╔══
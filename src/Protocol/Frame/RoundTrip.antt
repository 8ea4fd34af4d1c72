-- ===== src/Protocol/Frame/RoundTrip.antt =====
-- `Frame::deserialize` against the layout of `Encode`: it accepts the encodings, and nothing else.
use edge_ipc_daemon.Prelude.{
  ℕ, ◌+◌, ◌^◌, ◌<◌, ◌≡◌, refl, ◌-◌, List, ◌++◌, some, arith, ge→ltb, ==_refl, length, length-append,
}
use edge_ipc_daemon.Protocol.Bytes.{be32, be16, read32, read16}
use edge_ipc_daemon.Protocol.Bytes.Laws.{take-append_length}
use edge_ipc_daemon.Protocol.Crc.{crc16}
use edge_ipc_daemon.Protocol.Crc.Detect.{crc16-lt}
use edge_ipc_daemon.Protocol.Frame.{
  Frame, MsgType, auth, telemetry, ack, error, other, to_byte, of_byte, serialize, ok, deserialize,
  deserialize_body, has_prefix,
}
use edge_ipc_daemon.Protocol.Frame.Encode.{header, encode, serialize-encode}

-- A message type that a cast from a byte can give: `other` holds no named value.
abbrev pub IsMsgType : MsgType → Type 0
IsMsgType (other b) = of_byte b ≡ other b
IsMsgType _ = Unit {0}

pub of_byte-to_byte : (m : MsgType) → IsMsgType m → of_byte (to_byte m) ≡ m
unfolding of_byte to_byte
of_byte-to_byte auth h = refl
of_byte-to_byte telemetry h = refl
of_byte-to_byte ack h = refl
of_byte-to_byte error h = refl
of_byte-to_byte (other b) h = h

-- The payload that a header can announce and a buffer of `uint32_t` size can hold.
abbrev pub max_payload : ℕ
max_payload = 2 ^ 32 - 12

pub read32-header :
    (f : Frame) (rest : List ℕ)
    → length f.payload < 2 ^ 32
    → read32 (header f ++ rest) 6 ≡ length f.payload
unfolding read32 be32 be16
read32-header f rest h = omega arith

pub read16-header : (f : Frame) (rest : List ℕ) → read16 (header f ++ rest) 10 ≡ crc16 f.payload
unfolding read16 be32 be16
read16-header f rest = omega (arith, crc16-lt f.payload)

deserialize_body_encode :
    (f : Frame) (rest : List ℕ)
    → length f.payload < 2 ^ 32
    → IsMsgType f.msg_type
    → deserialize_body (header f ++ (f.payload ++ rest)) ≡ ok f
unfolding deserialize_body be32 be16
deserialize_body_encode f rest h m =
    rw
      (
        read32-header f (f.payload ++ rest) h,
        read16-header f (f.payload ++ rest),
        take-append_length (length f.payload) f.payload rest refl,
        ge→ltb (length (header f ++ (f.payload ++ rest))) (12 + length f.payload)
            (omega (arith, length-append f.payload rest)),
        ==_refl (crc16 f.payload),
        of_byte-to_byte f.msg_type m,
      )
      refl

pub deserialize-encode :
    (f : Frame) (rest : List ℕ)
    → length f.payload < 2 ^ 32
    → IsMsgType f.msg_type
    → deserialize (encode f ++ rest) ≡ ok f
unfolding deserialize be32 be16 has_prefix
deserialize-encode f rest h m =
    rw (ge→ltb (length (header f ++ (f.payload ++ rest))) 12 (omega arith))
      (deserialize_body_encode f rest h m)

-- A frame that the program can build or receive.
pub record IsFrame (f : Frame) : Type 0 where
  pub small : length f.payload < max_payload
  pub named : IsMsgType f.msg_type

-- A frame with a payload of less than 2^32 - 12 bytes is serialized, without a write past the end
-- of the buffer, into its header and payload, and `deserialize` gives the frame back from these
-- bytes, also if others follow.
pub deserialize-serialize :
    (f : Frame) (rest : List ℕ)
    → IsFrame f
    → (bytes : List ℕ) × (serialize f ≡ some bytes)
      × (length bytes ≡ 12 + length f.payload)
      × (deserialize (bytes ++ rest) ≡ ok f)
deserialize-serialize f rest v = (
  encode f,
  serialize-encode f (omega (arith, v.small)),
  length-encode,
  deserialize-encode f rest (omega (arith, v.small)) v.named,
)
  where
    length-encode : length (encode f) ≡ 12 + length f.payload
    length-encode = unfold be32 be16 in omega arith
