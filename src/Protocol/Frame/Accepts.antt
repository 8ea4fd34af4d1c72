-- ===== src/Protocol/Frame/Accepts.antt =====
-- `Frame::deserialize` accepts no buffer but one that begins with the encoding of the frame it
-- returns.
use edge_ipc_daemon.Prelude.{
  ℕ, ◌+◌, ◌*◌, ◌/◌, ◌%◌, ◌^◌, ◌<◌, ◌≤◌, ◌≡◌, ap, ◌∙◌, List, [], ◌∷◌, ◌++◌, arith, length, take,
  drop, take-append-drop, length-take, true, get_or,
}
use edge_ipc_daemon.Protocol.Bytes.{be32, be16, read32, read16, AllBytes}
use edge_ipc_daemon.Protocol.Crc.{crc16}
use edge_ipc_daemon.Protocol.Frame.{
  Frame, to_byte, of_byte, magic, version, ok, deserialize, deserialize_body, has_prefix,
}
use edge_ipc_daemon.Protocol.Frame.Encode.{encode}
use edge_ipc_daemon.Protocol.Frame.RoundTrip.{IsMsgType}

to_byte-of_byte : (b : ℕ) → to_byte (of_byte b) ≡ b
unfolding of_byte to_byte
to_byte-of_byte b = ground arith

of_byte-IsMsgType : (b : ℕ) → IsMsgType (of_byte b)
unfolding of_byte
of_byte-IsMsgType b = ground arith

-- What the checks of `deserialize_body` establish.
record Body (buf : List ℕ) (f : Frame) : Type 0 where
  fits : 12 + read32 buf 6 ≤ length buf
  sum : crc16 f.payload ≡ read16 buf 10
  kind : f.msg_type ≡ of_byte (get_or buf 5 0)
  bytes : f.payload ≡ take (read32 buf 6) (drop 12 buf)

deserialize_body-Body : (buf : List ℕ) (f : Frame) → deserialize_body buf ≡ ok f → Body buf f
unfolding deserialize_body
deserialize_body-Body buf f e = ground arith

-- The checks before: twelve bytes, the magic number and the version.
deserialize-eq-ok :
    (buf : List ℕ) (f : Frame)
    → deserialize buf ≡ ok f
    → (12 ≤ length buf)
      × (has_prefix magic buf ≡ true)
      × (get_or buf 4 0 ≡ version)
      × (deserialize_body buf ≡ ok f)
unfolding deserialize
deserialize-eq-ok buf f e = ground arith

-- A buffer that is read as the frame `f` begins with the encoding of `f`.
abbrev pub Decodes : List ℕ → Frame → Type 0
Decodes buf f =
    (rest : List ℕ) × (buf ≡ encode f ++ rest) × IsMsgType f.msg_type × (length f.payload < 2 ^ 32)

be32-digits :
    (a b c d n : ℕ)
    → a < 256
    → b < 256
    → c < 256
    → d < 256
    → n ≡ a * 2 ^ 24 + b * 2 ^ 16 + c * 2 ^ 8 + d
    → be32 n ≡ a ∷ b ∷ c ∷ d ∷ []
unfolding be32
be32-digits a b c d n ha hb hc hd e =
    let e1 : n / 2 ^ 24 % 256 ≡ a = omega arith in
    let e2 : n / 2 ^ 16 % 256 ≡ b = omega arith in
    let e3 : n / 2 ^ 8 % 256 ≡ c = omega arith in
    let e4 : n % 256 ≡ d = omega arith in rw (e1, e2, e3, e4)

be16-digits : (a b n : ℕ) → a < 256 → b < 256 → n ≡ a * 2 ^ 8 + b → be16 n ≡ a ∷ b ∷ []
unfolding be16
be16-digits a b n ha hb e =
    let e1 : n / 2 ^ 8 % 256 ≡ a = omega arith in let e2 : n % 256 ≡ b = omega arith in rw (e1, e2)

magic-prefix :
    (b0 b1 b2 b3 : ℕ) (rest : List ℕ)
    → has_prefix magic (b0 ∷ b1 ∷ b2 ∷ b3 ∷ rest) ≡ true
    → (b0 ∷ b1 ∷ b2 ∷ b3 ∷ rest) ≡ magic ++ rest
unfolding has_prefix
magic-prefix b0 b1 b2 b3 rest h = ground arith

-- The first twelve bytes, once the checks have passed.
Decodes-cons :
    (b0 b1 b2 b3 b4 b5 b6 b7 b8 b9 b10 b11 : ℕ) (tl : List ℕ) (f : Frame)
    → let buf = b0 ∷ b1 ∷ b2 ∷ b3 ∷ b4 ∷ b5 ∷ b6 ∷ b7 ∷ b8 ∷ b9 ∷ b10 ∷ b11 ∷ tl in
      AllBytes buf → has_prefix magic buf ≡ true → b4 ≡ version → Body buf f → Decodes buf f
unfolding read32 read16
Decodes-cons b0 b1 b2 b3 b4 b5 b6 b7 b8 b9 b10 b11 tl f h p v body = (
  drop plen tl,
  rw
      (
        be32-digits b6 b7 b8 b9 (length f.payload) (omega (arith, h)) (omega (arith, h))
            (omega (arith, h)) (omega (arith, h)) len,
        be16-digits b10 b11 (crc16 f.payload) (omega (arith, h)) (omega (arith, h)) body.sum,
        body.kind,
        to_byte-of_byte b5,
        body.bytes,
        take-append-drop plen tl,
      )
      (magic-prefix b0 b1 b2 b3 _ p
        ∙ ap (λ t. magic ++ (t ∷ b5 ∷ b6 ∷ b7 ∷ b8 ∷ b9 ∷ b10 ∷ b11 ∷ tl)) v),
  rw body.kind (of_byte-IsMsgType b5),
  omega (arith, len, h),
)
  where
    plen : ℕ
    plen = b6 * 2 ^ 24 + b7 * 2 ^ 16 + b8 * 2 ^ 8 + b9

    len : length f.payload ≡ plen
    len = omega (arith, ap length body.bytes, length-take plen tl, body.fits)

-- The converse of the round trip: a buffer of bytes that `deserialize` reads as `f` begins with the
-- header and the payload of `f`, whose length the header can announce.
pub deserialize-Decodes :
    (buf : List ℕ) (f : Frame) → AllBytes buf → deserialize buf ≡ ok f → Decodes buf f
deserialize-Decodes (b0 ∷ b1 ∷ b2 ∷ b3 ∷ b4 ∷ b5 ∷ b6 ∷ b7 ∷ b8 ∷ b9 ∷ b10 ∷ b11 ∷ tl) f h e =
    let buf = b0 ∷ b1 ∷ b2 ∷ b3 ∷ b4 ∷ b5 ∷ b6 ∷ b7 ∷ b8 ∷ b9 ∷ b10 ∷ b11 ∷ tl in
    let checks = deserialize-eq-ok buf f e in
    Decodes-cons b0 b1 b2 b3 b4 b5 b6 b7 b8 b9 b10 b11 tl f h checks.1 checks.2
      (deserialize_body-Body buf f checks.3)
deserialize-Decodes buf f h e = absurd (omega (arith, (deserialize-eq-ok _ f e).0))
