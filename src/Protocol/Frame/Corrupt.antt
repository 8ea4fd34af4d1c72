-- ===== src/Protocol/Frame/Corrupt.antt =====
-- What `Frame::deserialize` refuses: encodings of one frame that were damaged on the way.
use edge_ipc_daemon.Prelude.{
  ℕ, suc, ◌+◌, ◌^◌, ◌<◌, ◌≤◌, ◌≡◌, ◌≢◌, sym, ap, List, ◌∷◌, ◌++◌, ◌-◌, dec_lt, lt→ltb, length-take,
  ltb, if◌then◌else◌, arith, length, length-append, take, ge→ltb,
}
use edge_ipc_daemon.Protocol.Bytes.{be32, be16, AllBytes}
use edge_ipc_daemon.Protocol.Bytes.Laws.{take_all}
use edge_ipc_daemon.Protocol.Crc.{crc16}
use edge_ipc_daemon.Protocol.Crc.Detect.{crc16_one_byte}
use edge_ipc_daemon.Protocol.Frame.{
  Frame, has_prefix, err, buffer_too_small, too_short_for_payload, crc_mismatch, deserialize,
  deserialize_body, MsgType,
}
use edge_ipc_daemon.Protocol.Frame.Encode.{header, encode}
use edge_ipc_daemon.Protocol.Frame.RoundTrip.{read32-header, read16-header}

-- The header of a frame, before a payload of the announced length and another checksum.
deserialize-header_other :
    (f : Frame) (other : List ℕ)
    → length f.payload < 2 ^ 32
    → length other ≡ length f.payload
    → crc16 other ≢ crc16 f.payload
    → deserialize (header f ++ other) ≡ err crc_mismatch
unfolding deserialize deserialize_body be32 be16 has_prefix
deserialize-header_other f other h l ne =
    rw
      (
        ge→ltb (length (header f ++ other)) 12 (omega arith),
        read32-header f other h,
        read16-header f other,
        take_all (length f.payload) other l,
        ge→ltb (length (header f ++ other)) (12 + length f.payload) (omega (arith, l)),
      )
      (ground arith)

-- A frame of which one payload byte was changed on the way is refused for its checksum.
pub deserialize_one_byte :
    (m : MsgType) (xs : List ℕ) (a b : ℕ) (ys : List ℕ)
    → length (xs ++ (a ∷ ys)) < 2 ^ 32
    → a < 256
    → b < 256
    → AllBytes ys
    → a ≢ b
    → deserialize (header (record { msg_type = m; payload = xs ++ (a ∷ ys) }) ++ (xs ++ (b ∷ ys)))
      ≡ err crc_mismatch
deserialize_one_byte m xs a b ys h ha hb hy ne =
    deserialize-header_other (record { msg_type = m; payload = xs ++ (a ∷ ys) }) (xs ++ (b ∷ ys)) h
      (omega (arith, length-append xs (a ∷ ys), length-append xs (b ∷ ys)))
      (λ e. ne (crc16_one_byte xs a b ys ha hb hy (sym e)))

cut_payload :
    (f : Frame) (part : List ℕ)
    → length f.payload < 2 ^ 32
    → length part < length f.payload
    → deserialize (header f ++ part) ≡ err too_short_for_payload
unfolding deserialize deserialize_body be32 be16 has_prefix
cut_payload f part h l =
    rw (ge→ltb (length (header f ++ part)) 12 (omega arith), read32-header f part h) (ground arith)

cut_header : (buf : List ℕ) → length buf < 12 → deserialize buf ≡ err buffer_too_small
unfolding deserialize
cut_header buf h = ground arith

take-header : (f : Frame) (n : ℕ) → 12 ≤ n → take n (encode f) ≡ header f ++ take (n - 12) f.payload
unfolding be32 be16
take-header f n h =
    let e : n ≡ suc (suc (suc (suc (suc (suc (suc (suc (suc (suc (suc (suc (n - 12)))))))))))) =
      omega arith in
    ap (λ t. take t (encode f)) e

-- A frame that was cut off is refused: as too small if the header is not whole, and as too short
-- for its payload otherwise.
pub deserialize_cut :
    (f : Frame) (n : ℕ)
    → length f.payload < 2 ^ 32
    → n < 12 + length f.payload
    → deserialize (take n (encode f))
      ≡ err (if ltb n 12 then buffer_too_small else too_short_for_payload)
deserialize_cut f n h l = elim (dec_lt n 12) [
  | yes p ↦
      rw (lt→ltb n 12 p)
        (cut_header (take n (encode f)) (omega (arith, length-take n (encode f), p)))
  | no p ↦
      rw (ge→ltb n 12 (omega arith), take-header f n (omega arith))
        (cut_payload f (take (n - 12) f.payload) h (omega (arith, length-take (n - 12) f.payload)))
]
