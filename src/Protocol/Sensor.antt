-- ===== src/Protocol/Sensor.antt =====
-- async_telemetry_server/include/SensorFrame.h: the payload of a TELEMETRY frame. Its fields are
-- copied in host order, here little-endian; `value` is the bit pattern of the double.
pub mod Univalent
use edge_ipc_daemon.Prelude.{
  ℕ, zero, suc, ◌+◌, ◌*◌, ◌/◌, ◌%◌, ◌^◌, ◌<◌, ◌≡◌, refl, ap, ◌∙◌, List, [], ◌∷◌, ◌++◌, Option, none,
  some, arith, length, drop, replicate,
}
use edge_ipc_daemon.Protocol.Bytes.{write}

pub record SensorFrame : Type 0 where
  pub sensor_id : ℕ
  pub timestamp_us : ℕ
  pub value : ℕ

-- The `n` bytes of an integer in memory, and the integer that `n` bytes stand for.
pub le_bytes : ℕ → ℕ → List ℕ
le_bytes zero v = []
le_bytes (suc n) v = (v % 256) ∷ le_bytes n (v / 256)

pub of_le_bytes : ℕ → List ℕ → ℕ
of_le_bytes zero bs = 0
of_le_bytes (suc n) [] = 0
of_le_bytes (suc n) (b ∷ bs) = b + 256 * of_le_bytes n bs

infixl 5 ◌>>=◌
abbrev ◌>>=◌ : {A B : Type 0} → Option A → (A → Option B) → Option B
none >>= f = none
some a >>= f = f a

-- `SensorFrame::serialize`.
pub serialize : SensorFrame → Option (List ℕ)
serialize r = do
  let buf = replicate 20 0
  b1 ← write buf 0 (le_bytes 4 r.sensor_id)
  b2 ← write b1 4 (le_bytes 8 r.timestamp_us)
  write b2 12 (le_bytes 8 r.value)

-- The three `memcpy` of the server's telemetry loop, at offsets 0, 4 and 12.
pub parse : List ℕ → SensorFrame
parse payload = record {
  sensor_id = of_le_bytes 4 payload;
  timestamp_us = of_le_bytes 8 (drop 4 payload);
  value = of_le_bytes 8 (drop 12 payload);
}

of_le_bytes_word : (v : ℕ) (rest : List ℕ) → v < 2 ^ 32 → of_le_bytes 4 (le_bytes 4 v ++ rest) ≡ v
unfolding le_bytes of_le_bytes
of_le_bytes_word v rest h = omega arith

of_le_bytes_long : (v : ℕ) (rest : List ℕ) → v < 2 ^ 64 → of_le_bytes 8 (le_bytes 8 v ++ rest) ≡ v
unfolding le_bytes of_le_bytes
of_le_bytes_long v rest h = omega arith

-- The values that the fields of a SensorFrame can hold.
pub record IsSensorFrame (r : SensorFrame) : Type 0 where
  pub id_fits : r.sensor_id < 2 ^ 32
  pub time_fits : r.timestamp_us < 2 ^ 64
  pub value_fits : r.value < 2 ^ 64

abbrev pub layout : SensorFrame → List ℕ
layout r = le_bytes 4 r.sensor_id ++ (le_bytes 8 r.timestamp_us ++ le_bytes 8 r.value)

pub serialize-layout : (r : SensorFrame) → serialize r ≡ some (layout r)
unfolding serialize write le_bytes
serialize-layout r = refl

pub length-layout : (r : SensorFrame) → length (layout r) ≡ 20
unfolding le_bytes
length-layout r = refl

pub parse-layout :
    (r : SensorFrame) (rest : List ℕ) → IsSensorFrame r → parse (layout r ++ rest) ≡ r
parse-layout r rest v =
    unfold parse in
    λ i. record {
      sensor_id = (ap (of_le_bytes 4) head ∙ of_le_bytes_word r.sensor_id _ v.id_fits) i;
      timestamp_us = (ap (of_le_bytes 8) tail ∙ of_le_bytes_long r.timestamp_us _ v.time_fits) i;
      value = (ap (of_le_bytes 8) last ∙ of_le_bytes_long r.value rest v.value_fits) i;
    }
  where
    tail : drop 4 (layout r ++ rest) ≡ le_bytes 8 r.timestamp_us ++ (le_bytes 8 r.value ++ rest)
    tail = unfold le_bytes in refl

    last : drop 12 (layout r ++ rest) ≡ le_bytes 8 r.value ++ rest
    last = unfold le_bytes in refl

    head : layout r ++ rest ≡ le_bytes 4 r.sensor_id ++ drop 4 (layout r ++ rest)
    head = unfold le_bytes in refl

-- What the client serializes takes 20 bytes, and the server's copies give its fields back, whatever
-- follows in the payload.
pub parse-serialize :
    (r : SensorFrame) (rest : List ℕ)
    → IsSensorFrame r
    → (bytes : List ℕ) × (serialize r ≡ some bytes)
      × (length bytes ≡ 20)
      × (parse (bytes ++ rest) ≡ r)
parse-serialize r rest v = (layout r, serialize-layout r, length-layout r, parse-layout r rest v)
╚══
PROMPT:
Lines from the top of the data above through the line with "of_byte-to_byte (other b) h = h", both ends included: copy them exactly, nothing more.

TASK ANSWER:
filename src/Protocol/Frame/RoundTrip.antt
repository 8ea4fd34af4d1c72
-- ===== src/Protocol/Frame/RoundTrip.antt =====
-- `Frame::deserialize` against the layout of `Encode`: it accepts the encodings, and nothing else.
use edge_ipc_daemon.Prelude.{
  ℕ, ◌+◌, ◌^◌, ◌<◌, ◌≡◌, refl, ◌-◌, List, ◌++◌, some, arith, ge→ltb, ==_refl, length, length-append,
}
use edge_ipc_daemon.Protocol.Bytes.{be32, be16, read32, read16}
use edge_ipc_daemon.Protocol.Bytes.Laws.{take-append_length}
use edge_ipc_daemon.Protocol.Crc.{crc16}
use edge_ipc_daemon.Protocol.Crc.Detect.{crc16-lt}
use edge_ipc_daemon.Protocol.Frame.{
  Frame, MsgType, auth, telemetry, ack, error, other, to_byte, of_byte, serialize, ok, deserialize,
  deserialize_body, has_prefix,
}
use edge_ipc_daemon.Protocol.Frame.Encode.{header, encode, serialize-encode}

-- A message type that a cast from a byte can give: `other` holds no named value.
abbrev pub IsMsgType : MsgType → Type 0
IsMsgType (other b) = of_byte b ≡ other b
IsMsgType _ = Unit {0}

pub of_byte-to_byte : (m : MsgType) → IsMsgType m → of_byte (to_byte m) ≡ m
unfolding of_byte to_byte
of_byte-to_byte auth h = refl
of_byte-to_byte telemetry h = refl
of_byte-to_byte ack h = refl
of_byte-to_byte error h = refl
of_byte-to_byte (other b) h = h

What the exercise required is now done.